--- START ---
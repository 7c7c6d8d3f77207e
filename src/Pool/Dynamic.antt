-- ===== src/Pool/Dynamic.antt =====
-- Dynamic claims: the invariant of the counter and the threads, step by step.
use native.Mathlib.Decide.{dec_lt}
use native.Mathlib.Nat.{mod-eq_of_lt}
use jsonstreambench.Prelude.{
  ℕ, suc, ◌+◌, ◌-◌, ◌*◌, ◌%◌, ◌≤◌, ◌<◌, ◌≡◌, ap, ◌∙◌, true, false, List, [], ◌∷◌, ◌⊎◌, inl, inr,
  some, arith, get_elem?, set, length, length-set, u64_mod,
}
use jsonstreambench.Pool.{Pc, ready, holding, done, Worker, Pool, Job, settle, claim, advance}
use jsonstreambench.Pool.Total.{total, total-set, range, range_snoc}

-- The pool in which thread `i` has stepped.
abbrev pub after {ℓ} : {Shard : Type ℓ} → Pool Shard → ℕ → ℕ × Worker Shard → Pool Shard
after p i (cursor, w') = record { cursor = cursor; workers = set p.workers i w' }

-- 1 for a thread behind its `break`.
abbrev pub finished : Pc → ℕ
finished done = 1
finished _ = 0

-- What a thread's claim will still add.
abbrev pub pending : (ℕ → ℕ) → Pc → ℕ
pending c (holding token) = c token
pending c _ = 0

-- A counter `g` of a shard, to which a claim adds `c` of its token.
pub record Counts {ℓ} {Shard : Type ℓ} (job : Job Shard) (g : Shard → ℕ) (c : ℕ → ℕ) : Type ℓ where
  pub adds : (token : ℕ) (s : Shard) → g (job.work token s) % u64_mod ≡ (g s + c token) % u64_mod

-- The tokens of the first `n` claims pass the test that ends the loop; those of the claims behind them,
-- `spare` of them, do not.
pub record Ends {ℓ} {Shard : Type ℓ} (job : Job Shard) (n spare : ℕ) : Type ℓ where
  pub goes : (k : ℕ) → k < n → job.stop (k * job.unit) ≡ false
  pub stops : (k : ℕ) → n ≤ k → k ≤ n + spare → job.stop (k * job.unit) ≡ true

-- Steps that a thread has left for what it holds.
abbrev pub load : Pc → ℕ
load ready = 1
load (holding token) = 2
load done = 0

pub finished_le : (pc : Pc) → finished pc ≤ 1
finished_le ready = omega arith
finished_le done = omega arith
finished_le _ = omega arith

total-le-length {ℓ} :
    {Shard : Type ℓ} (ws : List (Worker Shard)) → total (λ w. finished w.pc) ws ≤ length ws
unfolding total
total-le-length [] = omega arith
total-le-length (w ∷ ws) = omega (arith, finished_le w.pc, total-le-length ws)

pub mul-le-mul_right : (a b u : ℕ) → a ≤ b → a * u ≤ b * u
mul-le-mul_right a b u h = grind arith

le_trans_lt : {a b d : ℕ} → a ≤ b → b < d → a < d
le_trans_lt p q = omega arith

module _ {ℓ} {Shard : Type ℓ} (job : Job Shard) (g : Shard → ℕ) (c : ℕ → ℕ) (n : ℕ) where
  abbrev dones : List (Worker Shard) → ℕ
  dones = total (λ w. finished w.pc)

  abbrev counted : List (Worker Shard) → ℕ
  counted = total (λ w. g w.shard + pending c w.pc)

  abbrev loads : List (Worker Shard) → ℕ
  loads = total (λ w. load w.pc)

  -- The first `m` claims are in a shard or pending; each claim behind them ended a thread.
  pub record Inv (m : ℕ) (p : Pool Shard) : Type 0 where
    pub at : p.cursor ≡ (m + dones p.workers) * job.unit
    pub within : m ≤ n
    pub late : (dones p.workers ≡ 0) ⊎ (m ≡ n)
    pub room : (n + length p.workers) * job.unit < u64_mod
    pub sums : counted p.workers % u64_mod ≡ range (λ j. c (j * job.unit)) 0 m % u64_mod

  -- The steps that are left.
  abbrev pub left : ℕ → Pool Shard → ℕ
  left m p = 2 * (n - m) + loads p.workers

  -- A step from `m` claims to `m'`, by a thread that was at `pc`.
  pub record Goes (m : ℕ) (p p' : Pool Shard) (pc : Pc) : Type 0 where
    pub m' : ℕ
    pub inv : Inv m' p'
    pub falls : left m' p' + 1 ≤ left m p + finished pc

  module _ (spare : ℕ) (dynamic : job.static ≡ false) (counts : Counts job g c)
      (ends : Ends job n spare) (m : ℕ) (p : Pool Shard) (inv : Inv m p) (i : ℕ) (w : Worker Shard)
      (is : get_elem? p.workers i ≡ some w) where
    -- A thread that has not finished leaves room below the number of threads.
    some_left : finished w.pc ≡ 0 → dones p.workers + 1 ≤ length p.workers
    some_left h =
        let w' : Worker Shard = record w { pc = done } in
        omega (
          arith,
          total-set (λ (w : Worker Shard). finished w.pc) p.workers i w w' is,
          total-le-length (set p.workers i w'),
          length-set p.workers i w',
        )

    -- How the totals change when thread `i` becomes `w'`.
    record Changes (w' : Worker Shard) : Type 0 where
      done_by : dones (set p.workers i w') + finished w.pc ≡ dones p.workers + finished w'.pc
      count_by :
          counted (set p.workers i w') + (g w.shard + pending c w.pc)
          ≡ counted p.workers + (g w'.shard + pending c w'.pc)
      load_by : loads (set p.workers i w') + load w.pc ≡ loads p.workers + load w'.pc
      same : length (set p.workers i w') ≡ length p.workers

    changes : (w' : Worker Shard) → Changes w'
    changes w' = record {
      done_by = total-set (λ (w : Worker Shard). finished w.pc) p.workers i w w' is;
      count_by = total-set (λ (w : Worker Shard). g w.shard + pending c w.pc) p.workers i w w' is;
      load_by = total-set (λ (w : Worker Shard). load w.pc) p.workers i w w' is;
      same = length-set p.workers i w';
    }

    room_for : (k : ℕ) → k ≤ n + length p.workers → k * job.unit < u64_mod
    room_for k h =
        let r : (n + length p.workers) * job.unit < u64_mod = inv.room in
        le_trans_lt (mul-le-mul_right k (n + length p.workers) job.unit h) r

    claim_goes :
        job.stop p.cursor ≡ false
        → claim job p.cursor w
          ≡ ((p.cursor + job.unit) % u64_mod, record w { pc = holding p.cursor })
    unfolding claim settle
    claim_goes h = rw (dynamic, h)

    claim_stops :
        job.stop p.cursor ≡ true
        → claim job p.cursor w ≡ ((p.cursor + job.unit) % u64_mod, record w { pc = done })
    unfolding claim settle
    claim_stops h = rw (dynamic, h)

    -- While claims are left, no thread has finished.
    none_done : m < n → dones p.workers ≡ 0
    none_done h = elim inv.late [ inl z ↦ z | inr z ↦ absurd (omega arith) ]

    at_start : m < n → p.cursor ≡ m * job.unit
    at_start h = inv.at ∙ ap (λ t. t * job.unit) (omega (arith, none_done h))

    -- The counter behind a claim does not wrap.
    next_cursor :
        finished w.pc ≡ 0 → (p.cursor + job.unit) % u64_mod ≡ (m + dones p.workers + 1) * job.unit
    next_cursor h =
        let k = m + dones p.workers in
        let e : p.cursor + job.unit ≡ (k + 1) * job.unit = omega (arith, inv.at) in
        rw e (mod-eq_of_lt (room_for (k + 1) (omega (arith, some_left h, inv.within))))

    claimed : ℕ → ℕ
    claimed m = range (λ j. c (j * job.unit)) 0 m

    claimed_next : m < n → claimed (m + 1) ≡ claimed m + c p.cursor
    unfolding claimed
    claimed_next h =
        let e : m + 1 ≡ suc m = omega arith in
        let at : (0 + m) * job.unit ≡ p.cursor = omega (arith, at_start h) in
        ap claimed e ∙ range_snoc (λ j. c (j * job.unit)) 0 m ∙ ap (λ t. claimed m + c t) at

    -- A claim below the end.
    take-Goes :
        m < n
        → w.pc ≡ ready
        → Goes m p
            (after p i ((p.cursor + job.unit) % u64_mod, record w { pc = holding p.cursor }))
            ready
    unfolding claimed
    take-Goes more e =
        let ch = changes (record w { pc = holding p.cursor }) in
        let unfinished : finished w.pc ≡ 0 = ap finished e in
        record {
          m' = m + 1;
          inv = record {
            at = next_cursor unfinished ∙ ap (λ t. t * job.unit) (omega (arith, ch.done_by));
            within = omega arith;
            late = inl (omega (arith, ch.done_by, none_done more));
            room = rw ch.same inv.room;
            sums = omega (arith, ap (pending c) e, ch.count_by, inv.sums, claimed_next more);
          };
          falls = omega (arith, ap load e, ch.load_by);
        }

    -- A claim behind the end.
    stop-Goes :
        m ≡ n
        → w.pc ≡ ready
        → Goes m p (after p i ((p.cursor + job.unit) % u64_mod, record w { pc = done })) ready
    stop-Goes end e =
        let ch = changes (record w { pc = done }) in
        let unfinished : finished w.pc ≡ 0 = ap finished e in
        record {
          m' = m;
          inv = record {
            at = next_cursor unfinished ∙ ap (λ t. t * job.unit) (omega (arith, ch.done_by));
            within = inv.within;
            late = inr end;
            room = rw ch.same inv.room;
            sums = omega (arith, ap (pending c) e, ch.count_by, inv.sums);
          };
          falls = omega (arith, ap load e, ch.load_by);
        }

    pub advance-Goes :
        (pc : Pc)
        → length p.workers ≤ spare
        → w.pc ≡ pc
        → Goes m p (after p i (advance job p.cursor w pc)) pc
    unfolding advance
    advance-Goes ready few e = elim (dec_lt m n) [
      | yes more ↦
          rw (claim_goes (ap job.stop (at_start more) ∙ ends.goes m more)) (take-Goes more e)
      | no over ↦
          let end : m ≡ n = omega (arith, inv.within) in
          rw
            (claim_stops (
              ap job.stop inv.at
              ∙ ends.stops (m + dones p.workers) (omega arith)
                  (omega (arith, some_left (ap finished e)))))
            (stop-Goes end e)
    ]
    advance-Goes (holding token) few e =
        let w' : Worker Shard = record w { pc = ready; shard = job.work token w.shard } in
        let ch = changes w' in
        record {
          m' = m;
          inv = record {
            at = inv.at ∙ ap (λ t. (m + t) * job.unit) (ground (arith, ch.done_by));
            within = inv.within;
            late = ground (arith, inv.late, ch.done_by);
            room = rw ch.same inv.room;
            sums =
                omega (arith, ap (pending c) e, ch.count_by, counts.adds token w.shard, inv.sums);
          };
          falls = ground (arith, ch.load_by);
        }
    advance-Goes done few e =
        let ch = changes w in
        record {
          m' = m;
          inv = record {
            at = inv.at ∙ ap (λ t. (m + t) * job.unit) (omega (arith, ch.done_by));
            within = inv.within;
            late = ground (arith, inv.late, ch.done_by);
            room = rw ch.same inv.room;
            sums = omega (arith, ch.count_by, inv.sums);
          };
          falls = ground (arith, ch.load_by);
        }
--- END ---
*THE PROBLEM:* Please copy exactly the lines from the first line of the records above through the line containing "-- Steps that", including both, and nothing more.

*YOUR SOLUTION:*
repository 7c7c6d8d3f77207e
filename src/Pool/Dynamic.antt
-- ===== src/Pool/Dynamic.antt =====
-- Dynamic claims: the invariant of the counter and the threads, step by step.
use native.Mathlib.Decide.{dec_lt}
use native.Mathlib.Nat.{mod-eq_of_lt}
use jsonstreambench.Prelude.{
  ℕ, suc, ◌+◌, ◌-◌, ◌*◌, ◌%◌, ◌≤◌, ◌<◌, ◌≡◌, ap, ◌∙◌, true, false, List, [], ◌∷◌, ◌⊎◌, inl, inr,
  some, arith, get_elem?, set, length, length-set, u64_mod,
}
use jsonstreambench.Pool.{Pc, ready, holding, done, Worker, Pool, Job, settle, claim, advance}
use jsonstreambench.Pool.Total.{total, total-set, range, range_snoc}

-- The pool in which thread `i` has stepped.
abbrev pub after {ℓ} : {Shard : Type ℓ} → Pool Shard → ℕ → ℕ × Worker Shard → Pool Shard
after p i (cursor, w') = record { cursor = cursor; workers = set p.workers i w' }

-- 1 for a thread behind its `break`.
abbrev pub finished : Pc → ℕ
finished done = 1
finished _ = 0

-- What a thread's claim will still add.
abbrev pub pending : (ℕ → ℕ) → Pc → ℕ
pending c (holding token) = c token
pending c _ = 0

-- A counter `g` of a shard, to which a claim adds `c` of its token.
pub record Counts {ℓ} {Shard : Type ℓ} (job : Job Shard) (g : Shard → ℕ) (c : ℕ → ℕ) : Type ℓ where
  pub adds : (token : ℕ) (s : Shard) → g (job.work token s) % u64_mod ≡ (g s + c token) % u64_mod

-- The tokens of the first `n` claims pass the test that ends the loop; those of the claims behind them,
-- `spare` of them, do not.
pub record Ends {ℓ} {Shard : Type ℓ} (job : Job Shard) (n spare : ℕ) : Type ℓ where
  pub goes : (k : ℕ) → k < n → job.stop (k * job.unit) ≡ false
  pub stops : (k : ℕ) → n ≤ k → k ≤ n + spare → job.stop (k * job.unit) ≡ true

-- Steps that a thread has left for what it holds.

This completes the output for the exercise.